Going through the material below, please gather all lines with the word "Core" in them.

#### Records shown
----------

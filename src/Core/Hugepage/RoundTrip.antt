-- ===== src/Core/Hugepage/RoundTrip.antt =====
-- The children of a split merge back into the mapping that was split.
use aegis_hv.Common.{
  ℕ, zero, suc, ◌+◌, ◌*◌, ◌/◌, ◌%◌, ◌<◌, true, false, ◌||◌, not, some, List, [], ◌∷◌, length, ◌==◌,
  ok, ok_or, fail_if, ◌≡◌, refl, arith, ap, sym, ◌∙◌, >>=-eq-ok,
}
use aegis_hv.Common.Word.{u64_mod}
use aegis_hv.Core.Errors.{unsupported, invalid_address}
use aegis_hv.Core.Hugepage.{
  TranslationPageSize, size_4k, size_2m, size_1g, bytes, parent, child, size_eq,
  TranslationPermissions, permissions_eq, is_wx, TranslationMapping, new_mapping, end_gpa, end_hpa,
  SplitPlan, plan_split, check_run, plan_merge,
}
use aegis_hv.Core.Hugepage.Runs.{fail_if-ok, ok_or-ok, new_mapping-ok}

-- `n` neighbouring pages from the guest address `g` and the host address `h` on.
unfoldable pub pages :
    TranslationPageSize → TranslationPermissions → ℕ → ℕ → ℕ → List TranslationMapping
pages s p zero g h = []
pages s p (suc n) g h =
    record { guest_physical = g; host_physical = h; page_size = s; permissions = p }
    ∷ pages s p n (g + bytes s) (h + bytes s)

size_eq_refl : (s : TranslationPageSize) → size_eq s s ≡ true
size_eq_refl s = ground arith

permissions_eq_refl : (p : TranslationPermissions) → permissions_eq p p ≡ true
permissions_eq_refl p = ground arith

length-pages :
    (s : TranslationPageSize) (p : TranslationPermissions) (n g h : ℕ)
    → length (pages s p n g h) ≡ n
unfolding pages
length-pages s p zero g h = refl
length-pages s p (suc n) g h = ap suc (length-pages s p n (g + bytes s) (h + bytes s))

end_gpa-ok :
    (m : TranslationMapping)
    → m.guest_physical + bytes m.page_size < u64_mod
    → end_gpa m ≡ ok (m.guest_physical + bytes m.page_size)
unfolding end_gpa
end_gpa-ok m h = ground arith

end_hpa-ok :
    (m : TranslationMapping)
    → m.host_physical + bytes m.page_size < u64_mod
    → end_hpa m ≡ ok (m.host_physical + bytes m.page_size)
unfolding end_hpa
end_hpa-ok m h = ground arith

eq_refl : (n : ℕ) → (n == n) ≡ true
eq_refl n = ground arith

check_run-pages :
    (first : TranslationMapping) (n g h : ℕ)
    → g + n * bytes first.page_size < u64_mod
    → h + n * bytes first.page_size < u64_mod
    → check_run first g h (pages first.page_size first.permissions n g h) ≡ ok tt
unfolding check_run pages
check_run-pages first zero g h k l = refl
check_run-pages first (suc n) g h k l =
    let b = bytes first.page_size in
    let total : suc n * b ≡ b + n * b = omega arith in
    let m : TranslationMapping = record {
      guest_physical = g;
      host_physical = h;
      page_size = first.page_size;
      permissions = first.permissions;
    } in
    rw
      (
        size_eq_refl first.page_size,
        permissions_eq_refl first.permissions,
        eq_refl g,
        eq_refl h,
        end_gpa-ok m (omega (arith, k, total)),
        end_hpa-ok m (omega (arith, l, total)),
      )
      (check_run-pages first n (g + b) (h + b) (omega (arith, k, total)) (omega (arith, l, total)))

-- A complete run of aligned children merges.
plan_merge-ok :
    (first : TranslationMapping) (others : List TranslationMapping) (t : TranslationPageSize)
    → parent first.page_size ≡ some t
    → (length (first ∷ others) == bytes t / bytes first.page_size) ≡ true
    → (first.guest_physical % bytes t == 0) ≡ true
    → (first.host_physical % bytes t == 0) ≡ true
    → check_run first first.guest_physical first.host_physical (first ∷ others) ≡ ok tt
    → is_wx first.permissions ≡ false
    → plan_merge (first ∷ others) ≡ ok (record first { page_size = t })
unfolding plan_merge new_mapping
plan_merge-ok first others t larger count ag ah run wx = rw (larger, count, ag, ah, run, wx) refl

eq_intro : (a b : ℕ) → a ≡ b → (a == b) ≡ true
eq_intro a b h = ground arith

plan_merge-pages :
    (s t : TranslationPageSize) (p : TranslationPermissions) (n g h : ℕ)
    → parent s ≡ some t
    → suc n ≡ bytes t / bytes s
    → (bytes t / bytes s) * bytes s ≡ bytes t
    → g % bytes t ≡ 0
    → h % bytes t ≡ 0
    → g + bytes t < u64_mod
    → h + bytes t < u64_mod
    → is_wx p ≡ false
    → plan_merge (pages s p (suc n) g h)
      ≡ ok (record { guest_physical = g; host_physical = h; page_size = t; permissions = p })
unfolding pages
plan_merge-pages s t p n g h larger count fill ag ah eg eh wx =
    let first : TranslationMapping = record {
      guest_physical = g;
      host_physical = h;
      page_size = s;
      permissions = p;
    } in
    let total : suc n * bytes s ≡ bytes t = ap (λ k. k * bytes s) count ∙ fill in
    plan_merge-ok first (pages s p n (g + bytes s) (h + bytes s)) t larger
      (eq_intro _ _ (ap suc (length-pages s p n (g + bytes s) (h + bytes s)) ∙ count))
      (eq_intro _ _ ag) (eq_intro _ _ ah)
      (check_run-pages first (suc n) g h (omega (arith, total, eg)) (omega (arith, total, eh))) wx

-- How the children of a size fill it.
child_sizes :
    (t s : TranslationPageSize)
    → child t ≡ some s
    → (parent s ≡ some t)
      × ((n : ℕ) × (suc n ≡ bytes t / bytes s))
      × ((bytes t / bytes s) * bytes s ≡ bytes t)
child_sizes size_1g size_2m e = (refl, (511, refl), refl)
child_sizes size_2m size_4k e = (refl, (511, refl), refl)
child_sizes size_1g size_1g e = absurd (ground arith)
child_sizes size_1g size_4k e = absurd (ground arith)
child_sizes size_2m size_1g e = absurd (ground arith)
child_sizes size_2m size_2m e = absurd (ground arith)
child_sizes size_4k s e = absurd (ground arith)

plan_split-ok :
    (m : TranslationMapping) (plan : SplitPlan)
    → plan_split m ≡ ok plan
    → (child m.page_size ≡ some plan.child_size)
      × (plan.child_count ≡ bytes m.page_size / bytes plan.child_size)
unfolding plan_split
plan_split-ok m plan h =
    let (size, smaller, made) = >>=-eq-ok (ok_or (child m.page_size) unsupported) _ h in
    let e : child m.page_size ≡ some size = ok_or-ok (child m.page_size) unsupported smaller in
    let f : size ≡ plan.child_size = ground (arith, made) in
    let g : bytes m.page_size / bytes size ≡ plan.child_count = ground (arith, made) in
    (e ∙ ap some f, sym g ∙ ap (λ z. bytes m.page_size / bytes z) f)

-- A mapping that `new` accepts is aligned, and not both writable and executable.
new_mapping-aligned :
    (g h : ℕ) (s : TranslationPageSize) (p : TranslationPermissions) {m : TranslationMapping}
    → new_mapping g h s p ≡ ok m
    → (g % bytes s ≡ 0) × (h % bytes s ≡ 0)
unfolding new_mapping
new_mapping-aligned g h s p made =
    let off = not (g % bytes s == 0) || not (h % bytes s == 0) in
    let (_, fine, _) = >>=-eq-ok (fail_if off invalid_address) _ made in
    let fine' : off ≡ false = fail_if-ok off invalid_address fine in ground arith

-- For a mapping that `new` accepts and whose two ends, in guest and in host memory, are below
-- 2 ^ 64: merging the children that a split plans for gives the mapping back.
pub plan_merge-plan_split :
    (m : TranslationMapping) (plan : SplitPlan)
    → new_mapping m.guest_physical m.host_physical m.page_size m.permissions ≡ ok m
    → m.guest_physical + bytes m.page_size < u64_mod
    → m.host_physical + bytes m.page_size < u64_mod
    → plan_split m ≡ ok plan
    → plan_merge
        (pages plan.child_size m.permissions plan.child_count m.guest_physical m.host_physical)
      ≡ ok m
plan_merge-plan_split m plan made eg eh split =
    let (smaller, count) = plan_split-ok m plan split in
    let (larger, (n, suc_n), fill) = child_sizes m.page_size plan.child_size smaller in
    let (ag, ah) =
      new_mapping-aligned m.guest_physical m.host_physical m.page_size m.permissions made in
    let wx = (new_mapping-ok m.guest_physical m.host_physical m.page_size m.permissions made).1 in
    rw (count, sym suc_n)
      (plan_merge-pages plan.child_size m.page_size m.permissions n m.guest_physical m.host_physical
        larger suc_n fill ag ah eg eh wx)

----------

#### Exercise solution
filename src/Core/Hugepage/RoundTrip.antt
-- ===== src/Core/Hugepage/RoundTrip.antt =====
use aegis_hv.Core.Errors.{unsupported, invalid_address}
use aegis_hv.Core.Hugepage.{
use aegis_hv.Core.Hugepage.Runs.{fail_if-ok, ok_or-ok, new_mapping-ok}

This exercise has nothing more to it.